EXERCISE> Set down word for word the lines that begin the entries and run through the line containing "-- What one". Give nothing further.

[Collected data entries]
-- ===== src/Diff/Pointwise.antt =====
-- doover/src/utils/diff.rs, `apply_diff`: what the result holds at each key, whatever the order of
-- the entries.
use doover_rs.Base.{
  ◌≡◌, refl, ap, String, Bool, true, false, Option, none, some, str_eq, eq_iff, Bool-cases,
  if◌then◌else◌, unwrap_or, inl, inr,
}
use doover_rs.Json.{
  Value, Map, null, bool, number, string, array, object, end, entry, get, insert, remove,
  get-insert, get-remove, at,
}
use doover_rs.Json.Keys.{UniqueKeys}
use doover_rs.Diff.{apply_entries, apply_diff, merge_into}

module _ {N : Type 0} where
  -- What one entry of a diff makes of the value at its key.
  abbrev pub merge_at : Bool → Option (Value N) → Option (Value N) → Option (Value N)
  merge_at do_delete cur none = cur
  merge_at do_delete cur (some null) = if do_delete then none else some null
  merge_at do_delete cur (some (object fs)) =
      some (apply_diff (unwrap_or cur (object end)) (object fs) do_delete)
  merge_at do_delete cur (some v) = some v

  -- The map after one entry.
  abbrev step_entry : Map N → String → Value N → Bool → Map N
  step_entry m k (object gs) d =
      insert k (merge_into (λ c. apply_entries c gs d) gs (unwrap_or (get k m) (object end))) m
  step_entry m k null d = if d then remove k m else insert k null m
  step_entry m k v d = insert k v m

  apply_entries_step :
      (m : Map N) (k : String) (v : Value N) (fs : Map N) (d : Bool)
      → apply_entries m (entry k v fs) d ≡ apply_entries (step_entry m k v d) fs d
  unfolding apply_entries
  apply_entries_step m k null fs d = refl
  apply_entries_step m k _ fs d = refl

  get-step_entry :
      (m : Map N) (k : String) (v : Value N) (d : Bool) (j : String)
      → get j (step_entry m k v d) ≡ (if str_eq k j then merge_at d (get k m) (some v) else get j m)
  get-step_entry m k null true j = get-remove k j m
  get-step_entry m k null false j = get-insert k j null m
  get-step_entry m k (object gs) d j = unfold apply_diff in get-insert k j _ m
  get-step_entry m k (bool b) d j = get-insert k j (bool b) m
  get-step_entry m k (number b) d j = get-insert k j (number b) m
  get-step_entry m k (string b) d j = get-insert k j (string b) m
  get-step_entry m k (array b) d j = get-insert k j (array b) m

  last_entry :
      (m : Map N) (k : String) (v : Value N) (fs : Map N) (d : Bool) (j : String)
      → get k fs ≡ none
      → merge_at d (if str_eq k j then merge_at d (get k m) (some v) else get j m) (get j fs)
        ≡ merge_at d (get j m) (get j (entry k v fs))
  unfolding get
  last_entry m k v fs d j u = elim (Bool-cases (str_eq k j)) [
    | inl same ↦
        let p : k ≡ j = (eq_iff k j).0 same in
        let q : get j fs ≡ none = rw p at u in
        rw (same, q) (ap (λ x. merge_at d (get x m) (some v)) p)
    | inr other ↦ rw other
  ]

  pub get-apply_entries :
      (m fs : Map N) (d : Bool) (j : String)
      → UniqueKeys fs
      → get j (apply_entries m fs d) ≡ merge_at d (get j m) (get j fs)
  get-apply_entries m end d j u = unfold apply_entries get in refl
  get-apply_entries m (entry k v fs) d j u = rw apply_entries_step (
      rw (get-apply_entries (step_entry m k v d) fs d j u.1)
        (rw (get-step_entry m k v d j) (last_entry m k v fs d j u.0)))

  -- Merging an object diff into an object: the result holds at a key what the entry of the diff at
  -- that key makes of the value there, and keeps every value at whose key the diff has no entry,
  -- provided that no key occurs twice in the diff.
  pub get-apply_diff :
      (m fs : Map N) (d : Bool) (j : String)
      → UniqueKeys fs
      → at (apply_diff (object m) (object fs) d) j ≡ merge_at d (get j m) (get j fs)
  unfolding apply_diff
  get-apply_diff m fs d j u = get-apply_entries m fs d j u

RESULT OF THE EXERCISE>
-- ===== src/Diff/Pointwise.antt =====
-- doover/src/utils/diff.rs, `apply_diff`: what the result holds at each key, whatever the order of
-- the entries.
use doover_rs.Base.{
  ◌≡◌, refl, ap, String, Bool, true, false, Option, none, some, str_eq, eq_iff, Bool-cases,
  if◌then◌else◌, unwrap_or, inl, inr,
}
use doover_rs.Json.{
  Value, Map, null, bool, number, string, array, object, end, entry, get, insert, remove,
  get-insert, get-remove, at,
}
use doover_rs.Json.Keys.{UniqueKeys}
use doover_rs.Diff.{apply_entries, apply_diff, merge_into}

module _ {N : Type 0} where
  -- What one entry of a diff makes of the value at its key.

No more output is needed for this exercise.